Search tongue jack for many aftermarket options, Atwood is what I have and recommend but there are many others out there.

Again not necessary but nice.

Good luck.


----------



## Southpaw (Jul 14, 2008)

Oh, the power jack! Yes, I had one installed when I purchased my rv.
Wondering what that had to do with my battery quesiton???


----------



## 2500Ram (Oct 30, 2005)

More than likely the other black cable mentioned was for your electric jack, hence the post.

Without the jack you would only have 1 black and 1 white cable.


----------



## GarethsDad (Apr 4, 2007)

Southpaw said:


> Yes black to + and white to -. http://www.outbackers.com/forums/index.php...si&img=8505 . Do you have a power jack? James


Thanks dude. What is a power jack and why do I need it?
[/quote]
It's for cutting the time it takes to hitch up and unhitch the TT from the TV. All you need to do is push the button while holding your beverage of choice in the other hand. James


----------



## Southpaw (Jul 14, 2008)

OH! That is what the second black wire is. I thought it was for the break-away wire. Thanks everyone for the education lesson.


----------



## CamperAndy (Aug 26, 2004)

Southpaw said:


> OH! That is what the second black wire is. I thought it was for the break-away wire. Thanks everyone for the education lesson.

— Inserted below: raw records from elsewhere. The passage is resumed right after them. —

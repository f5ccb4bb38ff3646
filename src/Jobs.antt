-- ===== src/Jobs.antt =====
-- The domain of benchmark jobs (internal/jobs).
pub mod State
pub mod Lifecycle
pub mod Types
pub mod Validate
pub mod Dispatchable
pub mod Store
pub mod Worker
pub mod Polling
pub mod Attempts
pub mod Runs
pub mod Rows
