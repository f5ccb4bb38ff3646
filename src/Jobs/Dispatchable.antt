-- ===== src/Jobs/Dispatchable.antt =====
-- What internal/jobs/validate.go accepts, and whom it blames.
use inferbolt.Base.{
  ℕ, ◌≡◌, refl, ◌↔◌, ◌⊎◌, String, false, none, some, List, [], ◌∷◌, ◌++◌, concat, arith, All,
  eq_iff, contains-OneOf, OneOf-contains,
}
use inferbolt.Base.Int.{ℤ, pos, ◌≤ℤ◌}
use inferbolt.Base.Float64.{Float64}
use inferbolt.Jobs.Types.{WorkloadConfig, EngineConfig}
use inferbolt.Jobs.Validate.{
  valid_engines, valid_quantizations, outside, unknown_quantization, validate_engines,
  validate_workload, validate_engine_config,
}

-- The engines that have an adapter, one by one.
abbrev pub IsEngine : String → Type 0
IsEngine e =
    ("vllm" ≡ e)
    ⊎ ("sglang" ≡ e)
    ⊎ ("tensorrt" ≡ e)
    ⊎ ("llamacpp" ≡ e)
    ⊎ ("ollama" ≡ e)
    ⊎ ("mock" ≡ e)

abbrev pub Runnable : WorkloadConfig → Type 0
Runnable w =
    (pos 1 ≤ℤ w.concurrency)
    × (w.concurrency ≤ℤ pos 1024)
    × (pos 1 ≤ℤ w.prompt_tokens)
    × (w.prompt_tokens ≤ℤ pos 1000000)
    × (pos 1 ≤ℤ w.output_tokens)
    × (w.output_tokens ≤ℤ pos 1000000)
    × (pos 1 ≤ℤ w.num_requests)
    × (w.num_requests ≤ℤ pos 100000)

outside_iff :
    (x : ℤ) (low high : ℕ) → (outside x low high ≡ false) ↔ ((pos low ≤ℤ x) × (x ≤ℤ pos high))
unfolding outside
outside_iff x low high = (λ h. ground arith, λ h. ground arith)

-- A workload passes exactly when each of its four numbers lies in its range.
pub validate_workload_iff : (w : WorkloadConfig) → (validate_workload w ≡ none) ↔ Runnable w
unfolding validate_workload
validate_workload_iff w = (
  λ h. ground (
    arith,
    outside_iff w.concurrency 1 1024,
    outside_iff w.prompt_tokens 1 1000000,
    outside_iff w.output_tokens 1 1000000,
    outside_iff w.num_requests 1 100000,
  ),
  λ h. ground (
    arith,
    outside_iff w.concurrency 1 1024,
    outside_iff w.prompt_tokens 1 1000000,
    outside_iff w.output_tokens 1 1000000,
    outside_iff w.num_requests 1 100000,
  ),
)

validate_engines-All : (es : List String) → validate_engines es ≡ none → All IsEngine es
unfolding validate_engines
validate_engines-All [] h = tt
validate_engines-All (e ∷ es) h =
    (contains-OneOf valid_engines e (ground arith), validate_engines-All es (ground arith))

-- The first engine that has no adapter is the one that the error names, and without one the list
-- passes.
validate_engines_first :
    (xs ys : List String) (e : String)
    → All IsEngine xs
    → (validate_engines xs ≡ none)
      × (¬ IsEngine e → validate_engines (xs ++ e ∷ ys) ≡ some (concat "unknown engine: " e))
unfolding validate_engines
validate_engines_first [] ys e h = (refl, λ bad. ground (arith, contains-OneOf valid_engines e))
validate_engines_first (x ∷ xs) ys e h =
    ground (arith, OneOf-contains valid_engines x h.0, validate_engines_first xs ys e h.1)

-- A list of engines passes exactly when every one of them has an adapter.
pub validate_engines_iff : (es : List String) → (validate_engines es ≡ none) ↔ All IsEngine es
validate_engines_iff es = (validate_engines-All es, λ h. (validate_engines_first es [] "" h).0)

abbrev IsQuantization : String → Type 0
IsQuantization q = ("fp8" ≡ q) ⊎ ("int8" ≡ q) ⊎ ("int4" ≡ q) ⊎ ("gptq" ≡ q) ⊎ ("awq" ≡ q)

unknown_quantization_iff :
    (q : String) → (unknown_quantization q ≡ false) ↔ (("" ≡ q) ⊎ IsQuantization q)
unfolding unknown_quantization
unknown_quantization_iff q = (
  λ h. ground (arith, eq_iff q "", contains-OneOf valid_quantizations q),
  λ h. ground (arith, eq_iff q "", OneOf-contains valid_quantizations q),
)

module _ {F : Type 0} ⦃f : Float64 F⦄ where
  -- What the worker accepts: a known quantization or none, the three counts in range with 0 for
  -- the engine's default, and a memory fraction that is neither below 0 nor above 1.
  abbrev pub Configurable : EngineConfig F → Type 0
  Configurable c =
      (("" ≡ c.quantization) ⊎ IsQuantization c.quantization)
      × (pos 0 ≤ℤ c.tensor_parallel)
      × (c.tensor_parallel ≤ℤ pos 8)
      × (pos 0 ≤ℤ c.max_batch_size)
      × (c.max_batch_size ≤ℤ pos 4096)
      × (pos 0 ≤ℤ c.max_model_len)
      × (c.max_model_len ≤ℤ pos 1048576)
      × (f.lt c.gpu_memory_utilization (f.decimal 0 0) ≡ false)
      × (f.lt (f.decimal 1 0) c.gpu_memory_utilization ≡ false)

  -- An engine configuration passes exactly when all its fields are in range.
  pub validate_engine_config_iff :
      (c : EngineConfig F) → (validate_engine_config c ≡ none) ↔ Configurable c
  unfolding validate_engine_config
  validate_engine_config_iff c = (
    λ h. ground (
      arith,
      unknown_quantization_iff c.quantization,
      outside_iff c.tensor_parallel 0 8,
      outside_iff c.max_batch_size 0 4096,
      outside_iff c.max_model_len 0 1048576,
    ),
    λ h. ground (
      arith,
      unknown_quantization_iff c.quantization,
      outside_iff c.tensor_parallel 0 8,
      outside_iff c.max_batch_size 0 4096,
      outside_iff c.max_model_len 0 1048576,
    ),
  )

That also answers the question on why you were asked if you had a power jack.


----------



## tdvffjohn (Mar 10, 2005)

Knowing which color goes where is good, but one, the neg side, always goes to the chassis as ground. Usually close to the battery


----------



## russlg (Jul 21, 2008)

And for battery safety you ALWAYS hook up the Positive side first, then the Negative. Less likely to get a dangerous spark tht way. I have seen a battery blow up in a guys face before, he almost went blind from it, that was in high school in automotive class. I have never forgot it and always remembered that rule. Please use care with batteries, they are little bombs if you are not and it is easy to get careless..


----------



## GSJ (May 20, 2008)

russlg said:


> And for battery safety you ALWAYS hook up the Positive side first, then the Negative. Less likely to get a dangerous spark tht way. I have seen a battery blow up in a guys face before, he almost went blind from it, that was in high school in automotive class. I have never forgot it and always remembered that rule. Please use care with batteries, they are little bombs if you are not and it is easy to get careless..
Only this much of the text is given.